Federal data lake implementations require careful attention to classification boundaries, access control granularity, and audit logging from the start — retrofitting these controls after data is in the lake is significantly more expensive. Rutagon builds these controls in at the architecture level, ensuring the lake is compliant at launch rather than after the ATO audit.

Discuss data lake architecture for your program →

Frequently Asked Questions

What is the difference between a data warehouse and a data lake on GovCloud?

A data warehouse (Redshift) stores structured, transformed data optimized for analytical queries — schema is defined before data is loaded (schema-on-write). A data lake (S3 + Glue + Athena) stores data in its raw or minimally transformed format and applies schema when queried (schema-on-read). For federal programs, data lakes are preferred as the primary store because they preserve raw data fidelity, support diverse data types (telemetry, documents, imagery), and defer schema decisions until query time. Redshift is often used as a performance layer on top of the data lake for high-frequency analytical workloads.

How does Lake Formation ABAC differ from S3 bucket policies?

S3 bucket policies operate at the object level — they're powerful but require managing large numbers of policies as users and data multiply. Lake Formation ABAC operates at the table and column level, using IAM session tags to match user attributes (clearance level, mission area, role) to data attributes (classification tag, mission scope). This attribute matching scales to thousands of users without proportional policy management overhead, and policies are evaluated centrally rather than distributed across hundreds of S3 bucket policies.

Is AWS Macie available in GovCloud?

Yes, Amazon Macie is available in AWS GovCloud (US-West) as a FedRAMP-authorized service. It supports PII detection, financial data classification, and custom sensitive data types using regular expressions and keyword matching. Macie findings in GovCloud are not transmitted outside the GovCloud region — all finding data stays within the program boundary, satisfying data residency requirements.

What retention periods are typical for federal data lake raw zones?

Retention periods are determined by the records schedule applicable to the data type — established by NARA (National Archives and Records Administration) and agency records management policies. Common retention periods range from 3 years (routine operational data) to 75 years (personnel records) to permanent (significant historical mission data).

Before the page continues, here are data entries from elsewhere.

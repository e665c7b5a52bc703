-- ===== src/Timer/Cancelling.antt =====
-- What a cancel call ensures (timer.cpp).
use protoactor_cpp.Base.{
  ℕ, ◌+◌, ◌≤◌, ◌≡◌, refl, ◌∙◌, Bool, true, false, List, [], ◌∷◌, if◌then◌else◌, arith,
}
use protoactor_cpp.Timer.{
  OncePhase, once_ended, CancelCall, not_called, returned, OnceTimer, Move, thread, cancel, ready,
  new_once, once_step, once_run, Phase, at_send, ended, RepeatedTimer, new_repeated, repeated_step,
  repeated_run,
}

abbrev is_once_ended : OncePhase → Bool
is_once_ended once_ended = true
is_once_ended _ = false

abbrev pub is_ended : Phase → Bool
is_ended ended = true
is_ended _ = false

abbrev pub is_returned : CancelCall → Bool
is_returned returned = true
is_returned _ = false

abbrev pub is_called : CancelCall → Bool
is_called not_called = false
is_called _ = true

-- Sent once at most, and only at the end; a call that has returned has seen the end.
abbrev OnceGood : OnceTimer → Type 0
OnceGood t =
    (t.sent ≤ (if is_once_ended t.phase then 1 else 0))
    × (is_returned t.call ≡ true → is_once_ended t.phase ≡ true)

once_step-OnceGood : (t : OnceTimer) (m : Move) → OnceGood t → OnceGood (once_step t m)
unfolding once_step
once_step-OnceGood t thread (few, seen) = (ground (arith, few, seen), λ e. ground (arith, seen, e))
once_step-OnceGood t cancel (few, seen) = (ground (arith, few), λ e. ground (arith, seen, e))
once_step-OnceGood t ready h = h

once_run-OnceGood : (t : OnceTimer) (ms : List Move) → OnceGood t → OnceGood (once_run t ms)
unfolding once_run
once_run-OnceGood t [] h = h
once_run-OnceGood t (m ∷ ms) h = once_run-OnceGood (once_step t m) ms (once_step-OnceGood t m h)

once_step_ended :
    (t : OnceTimer) (m : Move)
    → is_once_ended t.phase ≡ true
    → ((once_step t m).sent ≡ t.sent) × (is_once_ended (once_step t m).phase ≡ true)
unfolding once_step
once_step_ended t thread h = (ground (arith, h), ground (arith, h))
once_step_ended t cancel h = (ground (arith, h), ground (arith, h))
once_step_ended t ready h = (refl, h)

once_run_ended :
    (t : OnceTimer) (ms : List Move) → is_once_ended t.phase ≡ true → (once_run t ms).sent ≡ t.sent
unfolding once_run
once_run_ended t [] h = refl
once_run_ended t (m ∷ ms) h =
    let (same, still) = once_step_ended t m h in once_run_ended (once_step t m) ms still ∙ same

-- SendOnce and RequestOnce: in any interleaving the message is sent at most once, and after a cancel
-- call has returned it is not sent any more.
pub once_run_cancelled :
    (ms ns : List Move)
    → is_returned (once_run new_once ms).call ≡ true
    → ((once_run new_once ms).sent ≤ 1)
      × ((once_run (once_run new_once ms) ns).sent ≡ (once_run new_once ms).sent)
once_run_cancelled ms ns h =
    let start : OnceGood new_once = unfold new_once in (omega arith, λ e. ground (arith, e)) in
    let (few, seen) = once_run-OnceGood new_once ms start in
    (ground (arith, few), once_run_ended (once_run new_once ms) ns (seen h))

-- A cancel call that has begun has set the state; one that has returned has seen the end.
abbrev Good : RepeatedTimer → Type 0
Good t =
    (is_called t.call ≡ true → t.state ≡ 2) × (is_returned t.call ≡ true → is_ended t.phase ≡ true)

repeated_step-Good : (t : RepeatedTimer) (m : Move) → Good t → Good (repeated_step t m)
unfolding repeated_step
repeated_step-Good t thread (set, seen) =
    (λ e. ground (arith, set, e), λ e. ground (arith, seen, e))
repeated_step-Good t cancel (set, seen) =
    (λ e. ground (arith, set, e), λ e. ground (arith, seen, e))
repeated_step-Good t ready (set, seen) = (λ e. ground (arith, set, e), λ e. ground (arith, seen, e))

repeated_run-Good : (t : RepeatedTimer) (ms : List Move) → Good t → Good (repeated_run t ms)
unfolding repeated_run
repeated_run-Good t [] h = h
repeated_run-Good t (m ∷ ms) h = repeated_run-Good (repeated_step t m) ms (repeated_step-Good t m h)

-- The message that the thread has still to send whatever the state is.
abbrev in_flight : Phase → ℕ
in_flight at_send = 1
in_flight _ = 0

repeated_step_set :
    (t : RepeatedTimer) (m : Move)
    → t.state ≡ 2
    → ((repeated_step t m).sent + in_flight (repeated_step t m).phase ≤ t.sent + in_flight t.phase)
      × ((repeated_step t m).state ≡ 2)
unfolding repeated_step
repeated_step_set t thread h = (ground (arith, h), ground (arith, h))
repeated_step_set t cancel h = (ground (arith, h), ground (arith, h))
repeated_step_set t ready h = (ground (arith, h), ground (arith, h))

repeated_run_set :
    (t : RepeatedTimer) (ms : List Move)
    → t.state ≡ 2
    → (repeated_run t ms).sent ≤ t.sent + in_flight t.phase
unfolding repeated_run
repeated_run_set t [] h = omega arith
repeated_run_set t (m ∷ ms) h =
    let (less, still) = repeated_step_set t m h in
    omega (arith, less, repeated_run_set (repeated_step t m) ms still)

ends_soon :
    (t : RepeatedTimer)
    → t.state ≡ 2
    → is_ended (repeated_run t (thread ∷ thread ∷ thread ∷ [])).phase ≡ true
unfolding repeated_run repeated_step
ends_soon t h = ground (arith, h)

-- SendRepeatedly and RequestRepeatedly: once a cancel call has begun, in any interleaving, at most one
-- more message is sent, and three steps of the thread end it, so that the call can return; after it
-- has returned nothing is sent.
pub repeated_run_cancelled :
    (ms ns : List Move)
    → is_called (repeated_run new_repeated ms).call ≡ true
    → let t = repeated_run new_repeated ms in
      ((repeated_run t ns).sent ≤ t.sent + (if is_returned t.call then 0 else 1))
      × (is_ended (repeated_run t (thread ∷ thread ∷ thread ∷ [])).phase ≡ true)
repeated_run_cancelled ms ns h =
    let t = repeated_run new_repeated ms in
    let start : Good new_repeated =
      unfold new_repeated in (λ e. ground (arith, e), λ e. ground (arith, e)) in
    let (set, seen) = repeated_run-Good new_repeated ms start in
    (ground (arith, repeated_run_set t ns (set h), seen), ends_soon t (set h))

S3 Object Lock COMPLIANCE mode enforces these retention periods at the storage level, preventing accidental or intentional deletion before the retention period expires.

How does the data lake integrate with mission analytics tools?

The consumption zone is designed for integration: Athena provides standard JDBC/ODBC connectivity for BI tools (Tableau, Power BI); SageMaker connects directly to the data lake for ML training workloads; custom analytics services access data through the Glue catalog with Lake Formation authorization. All these integrations use the same IAM/Lake Formation identity — there are no separate user stores or access control systems for individual tools.